Iremos aborda as três principais arquiteturas atuais : Arquitetura Clean, Arquitetura em Cebola (Onion) e Arquitetura Hexagonal. Veremos o que é comum entre elas e porque elas definem uma família de arquiteturas chamadas Planas.
“Clean Architecture” (Arquitetura Clean) é o nome de um livro de uma ideia proposta por Robert C. Martin, ( aka Uncle Bob). O tema também é abordado no seu blog e em várias palestras. A melhor seria esta que faz parte de um conjunto de palestras que resumem a obra de Robert C. Martin.
O nome “Clean Architecture” não se traduz por Arquitetura Limpa, mas melhor por Arquitetura Despojada ou Arquitetura Enxuta- uma arquitetura sem excessos. Usarei o nome Clean para me referir a ela.
Como vimos antes, “uma arquitetura” é o nome que damos a um conjunto de decisões especificas que formam um padrão de decisões irreversíveis (hard). A arquitetura Clean é construida no livro com base nos Princípios SOLID. Cada principio age de uma força especifica para moldar o raciocínio e as decisões que formam a arquitetura final. Portanto, esta arquitetura pretende ser obtida de primeiros princípios de design, e com isso garantir implicitamente a boa aderência aos Princípios SOLID, embora eles não sejam mencionados especificamente na arquitetura. Não é, portanto, uma arquitetura para resolver um certo problema, mas uma arquitetura modelo para ser usada como base para pensar arquiteturas reais.
Normalmente a arquitetura clean é representada, na sua forma mais simples, assim:
Cada cor representa um conjunto de classes com propósito especifico – uma camada. A camada mais externa interage com os limites de I/O – entrada e saída do sistema. O input em uma camada é transformado para um input na camada seguinte e assim sucessivamente até chegar no centro. Nesse ponto um output é processado e encaminhado de volta até sair do sistema pela camada mais externa. O numero de círculos não é realmente importante e podem haver vários, mais ou menos do que os apresentados aqui. O importante é que quanto mais perto do centro mais estável é seu código.

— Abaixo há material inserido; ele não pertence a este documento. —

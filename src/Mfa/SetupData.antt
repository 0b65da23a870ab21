-- ===== src/Mfa/SetupData.antt =====
-- services/mfa.service.ts: the record of a pending setup, `parseSetupData` and
-- `parsePlainRecoveryCodes`.
use nest_auth.Prelude.{◌≡◌, refl, Option, some, [], ◌∷◌, List, Text, codes, ◌>>=◌}
use nest_auth.Json.{
  Json, Platform, str, obj, arr, field, end, Items, nil, item, as_string, as_texts, member, find,
  texts_in,
}

-- MfaSetupData
pub record MfaSetupData : Type 0 where
  pub encrypted_secret : Text
  pub hashed_codes : List Text
  pub encrypted_plain_codes : Text

-- `isMfaSetupData`
abbrev pub setup_data_in : Json → Option MfaSetupData
setup_data_in parsed = do
  encrypted_secret ← as_string (member (codes "encryptedSecret") parsed)
  encrypted_plain_codes ← as_string (member (codes "encryptedPlainCodes") parsed)
  hashed_codes ← as_texts (member (codes "hashedCodes") parsed)
  some (record {
    encrypted_secret = encrypted_secret;
    hashed_codes = hashed_codes;
    encrypted_plain_codes = encrypted_plain_codes;
  })

-- `parseSetupData`; `none` is its MFA_SETUP_REQUIRED
unfoldable pub parse_setup_data : Platform → Text → Option MfaSetupData
parse_setup_data env raw = env.parse raw >>= setup_data_in

-- `parsePlainRecoveryCodes`; `none` is its MFA_SETUP_REQUIRED
unfoldable pub parse_plain_recovery_codes : Platform → Text → Option (List Text)
parse_plain_recovery_codes env raw = as_texts (env.parse raw)

-- What `JSON.stringify` is given.
unfoldable pub texts_out : List Text → Items
texts_out [] = nil
texts_out (t ∷ texts) = item (str t) (texts_out texts)

unfoldable pub setup_json : MfaSetupData → Json
setup_json setup = obj (
    field (codes "encryptedSecret") (str setup.encrypted_secret) (
      field (codes "hashedCodes") (arr (texts_out setup.hashed_codes))
        (field (codes "encryptedPlainCodes") (str setup.encrypted_plain_codes) end)))

texts_in-texts_out : (texts : List Text) → texts_in (texts_out texts) ≡ some texts
unfolding texts_in texts_out
texts_in-texts_out [] = refl
texts_in-texts_out (t ∷ texts) = rw (texts_in-texts_out texts) refl

pub parse_setup_data-setup_json :
    (env : Platform) (setup : MfaSetupData)
    → parse_setup_data env (env.stringify (setup_json setup)) ≡ some setup
unfolding parse_setup_data setup_json member find
parse_setup_data-setup_json env setup =
    rw (env.parse-stringify (setup_json setup), texts_in-texts_out setup.hashed_codes) refl

pub parse_plain_recovery_codes-texts_out :
    (env : Platform) (texts : List Text)
    → parse_plain_recovery_codes env (env.stringify (arr (texts_out texts))) ≡ some texts
unfolding parse_plain_recovery_codes
parse_plain_recovery_codes-texts_out env texts =
    rw (env.parse-stringify (arr (texts_out texts))) (texts_in-texts_out texts)
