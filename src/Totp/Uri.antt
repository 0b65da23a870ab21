-- ===== src/Totp/Uri.antt =====
-- crypto/totp.ts: `buildTotpUri`. `encodeURIComponent` is an argument.
use nest_auth.Prelude.{Option, none, some, [], ◌∷◌, ◌++◌, Text, codes, length, ltb, if◌then◌else◌}
use nest_auth.Prelude.Decimal.{decimal}
use nest_auth.Totp.{totp_digits, totp_step_seconds}

abbrev parameters : (Text → Text) → Text → Text → Text
parameters encode secret_base32 issuer =
    codes "secret="
    ++ (encode secret_base32
        ++ (codes "&issuer="
            ++ (encode issuer
                ++ (codes "&algorithm=SHA1&digits="
                    ++ (decimal totp_digits ++ (codes "&period=" ++ decimal totp_step_seconds))))))

abbrev uri_of : (Text → Text) → Text → Text → Text → Option Text
uri_of encode secret_base32 account_email [] = none
uri_of encode secret_base32 [] (c ∷ t) = none
uri_of encode secret_base32 (d ∷ e) (c ∷ t) = some (
    codes "otpauth://totp/"
    ++ (encode (c ∷ t)
        ++ b':' ∷ (encode (d ∷ e) ++ b'?' ∷ parameters encode secret_base32 (c ∷ t))))

-- `none` is an error of an argument that is too short.
unfoldable pub build_totp_uri : (Text → Text) → Text → Text → Text → Option Text
build_totp_uri encode secret_base32 account_email issuer =
    if ltb (length secret_base32) 32 then none else uri_of encode secret_base32 account_email issuer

Este conceito é muito semelhante a outras arquiteturas propostas como a Arquitetura em Cebola de Jeffrey Palermo ou a Arquitetura Hexagonal de Alistair Cockburn.
A única e mais importante regra nesta arquitetura é que:
dependências de código fonte só podem apontar para dentro.
Isto significa que as classes nas camadas externas podem depender das classes na camada interna imediatamente seguinte, mas as classes nas camadas internas não podem depender das classes da camada externa. Esta regra se aplica a todas as classes inclusive a aquelas classes que só contém dados. Cada camada tem a sua coleção de classes de dados que pode ser acessada pela camada de fora, mas não pode ser passada à camada de dentro. Isto implica em que os dados terão que ser constantemente convertidos entre camadas.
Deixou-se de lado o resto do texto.